Types of Node.js Timeouts

There are two main categories of timeouts in Node.js:

1. Incoming request timeouts: If generating a response for a client takes too long, this timeout prevents the server from getting stuck.

2. Outgoing request timeouts: This safeguards your Node.js server from being held up indefinitely if an external service is slow.

Think of timeouts as a Goldilocks situation: you need a value that's not too short (causing unnecessary errors) and not too long (making your app unresponsive). The right timeout depends on what your application is doing and how fast you need it to be. We'll discuss more about choosing the right timeout value later on in this article.

Let's now explore how to implement these timeouts in your Node.js code.

Incoming HTTP requests timeouts (Server timeouts)

These timeouts are like a deadline for incoming client connections. If a client takes too long complete a request or receive a response, the connection gets cut off. This is helpful when dealing with slowpoke clients.

Since such incoming request timeouts are handled at the HTTP server level using frameworks like Express or Fastify, or directly with the Node.js core HTTP/HTTPS modules, they are commonly known as Server timeouts.

The following timeout settings are exposed in Node.js' http.Sever class:

• server.requestTimeout: This sets a limit for how long the server should wait to receive the entire request (including the body) from the client. It defaults to 300 seconds.
• server.headersTimeout: This specifically controls the time allowed for receiving request headers from the client. It defaults to the minimum between server.requestTimeout or 60 seconds.
• server.timeout: This is used to limit the inactivity period (no data sent or received) on an established socket connection. The default is 0, meaning no timeout, which can lead to connections hanging around forever.
• server.keepAliveTimeout: This controls how long a server holds a connection open after responding to a request. It's key for HTTP Keep-Alive, which allows multiple requests over a single connection, boosting efficiency. It defaults to 5 seconds and if no additional request arrives within that time, the socket connection closes.

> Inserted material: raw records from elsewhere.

-- ===== src/Peers/Invariant.antt =====
-- Every change of a neighbor's state keeps the counters and the encoder of its interface.
use eigrpd.Base.{
  ℕ, ◌+◌, ◌-◌, ◌≤◌, ◌<◌, ◌≡◌, refl, ap, ◌∙◌, inl, inr, Option, some, List, Bool-cases, length,
  arith,
}
use mathlib.Core.Path.{subst}
use eigrpd.State.{NbrState, write}
use eigrpd.Neighbor.{is_up}
use eigrpd.Peers.{
  Peer, Peers, selected, classic_version, wide_version, encoder_bind, encoder_unbind, state_set,
}
use eigrpd.Peers.Tally.{counted, tally, Once, tally-write, tally_le, counted_le_tally}
use eigrpd.Peers.Counts.{Counts, bind-Counts, unbind-Counts, peers-bind, peers-unbind}

-- Each counter is the number of the interface's neighbors that are up with its version, and the
-- encoder is the one for them.
pub record IsCounted (i : Peers) (nbrs : List ℕ) : Type 0 where
  pub counts : Counts i (tally classic_version i.peers nbrs) (tally wide_version i.peers nbrs)
  pub few : length nbrs + 1 < 65536

-- The neighbor that a change leaves, and the weight of a change.
abbrev changed : Peer → NbrState → Peer
changed q state = record q { state = state }

weight_lem :
    (i j : Peers) (nbrs : List ℕ) (p : ℕ) (q r : Peer)
    → Once p nbrs
    → i.peers p ≡ some q
    → j.peers ≡ write i.peers p (some r)
    → (v : ℕ)
    → tally v i.peers nbrs + counted v (some r) - counted v (some q) ≡ tally v j.peers nbrs
weight_lem i j nbrs p q r once ep ej v =
    rw ej (omega (arith, tally-write v i.peers p (some r) nbrs once, ap (counted v) ep))

Counts-cast : (i : Peers) (a b c d : ℕ) → Counts i a b → a ≡ c → b ≡ d → Counts i c d
Counts-cast i a b c d h e f = record {
  one = h.one ∙ e;
  two = h.two ∙ f;
  chosen = h.chosen ∙ λ k. selected (e k) (f k);
}

moved-Counts :
    (i j : Peers) (nbrs : List ℕ) (p : ℕ) (q r : Peer)
    → Once p nbrs
    → i.peers p ≡ some q
    → j.peers ≡ write i.peers p (some r)
    → Counts j
        (tally classic_version i.peers nbrs
          + counted classic_version (some r)
          - counted classic_version (some q))
        (tally wide_version i.peers nbrs
          + counted wide_version (some r)
          - counted wide_version (some q))
    → Counts j (tally classic_version j.peers nbrs) (tally wide_version j.peers nbrs)
moved-Counts i j nbrs p q r once ep ej h =
    let weight : (v : ℕ)
        → tally v i.peers nbrs + counted v (some r) - counted v (some q) ≡ tally v j.peers nbrs =
      weight_lem i j nbrs p q r once ep ej in
    record {
      one = h.one ∙ weight classic_version;
      two = h.two ∙ weight wide_version;
      chosen = h.chosen ∙ λ k. selected (weight classic_version k) (weight wide_version k);
    }

-- The counters do not read the neighbors.
under_peers :
    (i : Peers) (f : ℕ → Option Peer) (a b : ℕ) → Counts i a b → Counts (record i { peers = f }) a b
under_peers i f a b h = record { one = h.one; two = h.two; chosen = h.chosen }

-- The counters after a change.
state_set-Counts :
    (i : Peers) (nbrs : List ℕ) (p : ℕ) (q : Peer) (state : NbrState)
    → Once p nbrs
    → i.peers p ≡ some q
    → IsCounted i nbrs
    → (j : Peers) × (state_set p state i ≡ some j)
      × (j.peers ≡ write i.peers p (some (changed q state)))
      × Counts j
          (tally classic_version i.peers nbrs
            + counted classic_version (some (changed q state))
            - counted classic_version (some q))
          (tally wide_version i.peers nbrs
            + counted wide_version (some (changed q state))
            - counted wide_version (some q))
unfolding state_set
state_set-Counts i nbrs p q state once ep h =
    let a = tally classic_version i.peers nbrs in
    let b = tally wide_version i.peers nbrs in
    let stored = record i { peers = write i.peers p (some (changed q state)) } in
    let ones : counted classic_version (some q) ≤ a =
      subst (λ o. counted classic_version o ≤ a) ep
        (counted_le_tally classic_version i.peers p nbrs once) in
    let twos : counted wide_version (some q) ≤ b =
      subst (λ o. counted wide_version o ≤ b) ep
        (counted_le_tally wide_version i.peers p nbrs once) in
    elim (Bool-cases (is_up q.state)) [
      | inl was ↦ elim (Bool-cases (is_up state)) [
        | inl is ↦ (
          stored,
          rw (ep, was, is) refl,
          refl,
          Counts-cast stored a b _ _ (under_peers i _ a b h.counts) (ground (arith, was, is))
              (ground (arith, was, is)),
        )
        | inr not_now ↦ (
          record (encoder_unbind q.tlv_version i) {
            peers = write (encoder_unbind q.tlv_version i).peers p (some (changed q state));
          },
          rw (ep, was, not_now) refl,
          ap (λ f. write f p (some (changed q state))) (peers-unbind q.tlv_version i),
          under_peers _ _ _ _ (
              unbind-Counts q.tlv_version i _ _ (
                Counts-cast i a b _ _ h.counts (ground (arith, was, not_now, ones))
                  (ground (arith, was, not_now, twos)))),
        )
      ]
      | inr was_not ↦ elim (Bool-cases (is_up state)) [
        | inl is ↦ (
          encoder_bind q.tlv_version stored,
          rw (ep, was_not, is) refl,
          peers-bind q.tlv_version stored,
          Counts-cast _ _ _ _ _
              (bind-Counts q.tlv_version stored a b
                (omega (arith, h.few, tally_le classic_version i.peers nbrs))
                (omega (arith, h.few, tally_le wide_version i.peers nbrs))
                (under_peers i _ a b h.counts))
              (ground (arith, was_not, is)) (ground (arith, was_not, is)),
        )
        | inr not_now ↦ (
          stored,
          rw (ep, was_not, not_now) refl,
          refl,
          Counts-cast stored a b _ _ (under_peers i _ a b h.counts)
              (ground (arith, was_not, not_now)) (ground (arith, was_not, not_now)),
        )
      ]
    ]

-- eigrp_nbr_state_set on a neighbor of the interface, to any state, keeps the invariant: each
-- counter is the number of neighbors that are up with its version, and the encoder is the one for
-- them, which is the safe one where there are none. The interface has fewer than 65535 neighbors,
-- each once.
pub state_set-IsCounted :
    (i : Peers) (nbrs : List ℕ) (p : ℕ) (q : Peer) (state : NbrState)
    → Once p nbrs
    → i.peers p ≡ some q
    → IsCounted i nbrs
    → (j : Peers) × (state_set p state i ≡ some j)
      × (j.peers ≡ write i.peers p (some (changed q state)))
      × IsCounted j nbrs
state_set-IsCounted i nbrs p q state once ep h =
    let (j, ran, ej, hj) = state_set-Counts i nbrs p q state once ep h in
    (
      j,
      ran,
      ej,
      record { counts = moved-Counts i j nbrs p q (changed q state) once ep ej hj; few = h.few },
    )
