-- ===== src/Peers/Rebind.antt =====
-- A neighbor that changes its version while it is up: eigrp_sw_version_decode of
-- eigrpd/eigrp_hello.c binds a codec at each hello.
use eigrpd.Base.{ℕ, ◌+◌, ◌-◌, ◌≡◌, refl, ap, ◌∙◌, true, Option, some, List, ◌==◌, arith}
use eigrpd.State.{down, up, write}
use eigrpd.State.{classic}
use eigrpd.Peers.{
  Peer, Peers, selected, classic_version, wide_version, encoder_select, encoder_unbind, state_set,
  neighbor_bind,
}
use eigrpd.Peers.Tally.{counted, tally, Once, tally-write}
use eigrpd.Peers.Invariant.{IsCounted}

abbrev classic_peer : Peer
classic_peer = record { state = up; tlv_version = classic_version }

abbrev rebound : Peer
rebound = record { state = up; tlv_version = wide_version }

abbrev lost : Peer
lost = record { state = down; tlv_version = wide_version }

twice :
    (v : ℕ) (i : Peers) (nbrs : List ℕ) (p : ℕ)
    → Once p nbrs
    → i.peers p ≡ some classic_peer
    → tally v (write (write i.peers p (some rebound)) p (some lost)) nbrs
        + counted v (some classic_peer)
      ≡ tally v i.peers nbrs
twice v i nbrs p once ep =
    let here : (p == p) ≡ true = ground arith in
    let f : ℕ → Option Peer = write i.peers p (some rebound) in
    let at : counted v (f p) ≡ counted v (some rebound) =
      ap (counted v) {y = some rebound} (rw here refl) in
    omega (
      arith,
      tally-write v i.peers p (some rebound) nbrs once,
      tally-write v f p (some lost) nbrs once,
      ap (counted v) ep,
      at,
    )

-- Where an interface has one neighbor that is up, of the classic version, a hello that binds the
-- wide version and the neighbor's going down leave the interface with the classic encoder and with
-- no neighbor that is up: binding a version does not move the neighbor to the other counter.
pub neighbor_bind_leaks :
    (i : Peers) (nbrs : List ℕ) (p : ℕ)
    → Once p nbrs
    → i.peers p ≡ some classic_peer
    → IsCounted i nbrs
    → tally classic_version i.peers nbrs ≡ 1
    → tally wide_version i.peers nbrs ≡ 0
    → (j : Peers) × (k : Peers) × (neighbor_bind wide_version p i ≡ some j)
      × (state_set p down j ≡ some k)
      × (k.encoder ≡ classic)
      × (tally classic_version k.peers nbrs ≡ 0)
      × (tally wide_version k.peers nbrs ≡ 0)
unfolding neighbor_bind state_set encoder_unbind encoder_select
neighbor_bind_leaks i nbrs p once ep h e1 e2 =
    let empty : i.tlv2_peer_count - 1 ≡ 0 = omega (arith, h.counts.two, e2) in
    let here : (p == p) ≡ true = ground arith in
    let f : ℕ → Option Peer = write i.peers p (some rebound) in
    let j : Peers = record i { peers = f } in
    let k : Peers = record i {
      tlv2_peer_count = i.tlv2_peer_count - 1;
      encoder = selected i.tlv1_peer_count (i.tlv2_peer_count - 1);
      peers = write f p (some lost);
    } in
    (
      j,
      k,
      rw ep refl,
      rw here refl,
      (λ x. selected ((h.counts.one ∙ e1) x) (empty x)),
      omega (arith, twice classic_version i nbrs p once ep, e1),
      omega (arith, twice wide_version i nbrs p once ep, e2),
    )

For the requestTimeout, headersTimeout, and timeout options, exceeding the set value will lead to a 408 Request Timeout response followed by the immediate termination of the connection.

Dealing with server timeouts

Changing the default server timeouts can be done in different ways depending on the framework you're using. I'll show to do this in vanilla Node.js, Express, and Fastify:

1. Vanilla Node.js

Here's how to change the server timeout values in a Node.js program using the default http module:

import http from 'node:http';
const server = http.createServer((req, res) => {
  console.log('Got request');

  setTimeout(() => {
    res.end('Hello World!');
  }, 10000);
});

server.requestTimeout = 5000;
server.headersTimeout = 2000;
server.keepAliveTimeout = 3000;
server.timeout = 10000;

server.listen(3000);

For detecting a connection that is timing out due to inactivity (as determined by server.timeout), you can listen for the timeout event like this:

server.on('timeout', (socket) => {
  console.log('timeout');
  socket.destroy();
});

Ensure to call socket.destroy() in the callback function so that the connection is closed. Failure to do this can leave the connection open indefinitely.

You can also use the setTimeout() method to update the server.timeout value and specify the event listener for the timeout event as follows:

server.setTimeout(10000, (socket) => {
  console.log('timeout');
  socket.destroy();
});

2. Express

The above method of setting server timeouts also works with Express servers since it also exposes the http.Server instance:

const express = require('express');
const app = express();
const port = 3000;

app.get('/', (req, res) => {
  console.log('Got request');
  setTimeout(() => res.send('Hello world!'), 10000);
});

const server = app.listen(port, () => {
  console.log(`Example app listening on port ${port}`);
});

server.requestTimeout = 5000;
server.headersTimeout = 2000;
server.keepAliveTimeout = 3000;
server.setTimeout(10000, (socket) => {
  console.log('timeout');
  socket.destroy();
});

If you want to override the server.timeout value on a particular route, use the req.setTimeout() method as shown below:

app.get('/', (req, res) => {
  req.setTimeout(20000);
  console.log('Got request');
  setTimeout(() => res.send('Hello world!'), 10000);
});

This way, requests to the / route will timeout after 20 seconds of inactivity instead of the 10 second default.

Fastify

To update server timeouts in Fastify, you can use the following code:

import Fastify from 'fastify';

const fastify = Fastify({
  connectionTimeout: 10000, // Corresponds to server.timeout
  keepAliveTimeout: 3000, // Defaults to 72 secomds
  requestTimeout: 5000, // Defaults to no timeout
});

fastify.server.headersTimeout = 2000;

Fastify does not expose the headersTimeout option in its configuration object so you have to set it directly through the fastify.server interface.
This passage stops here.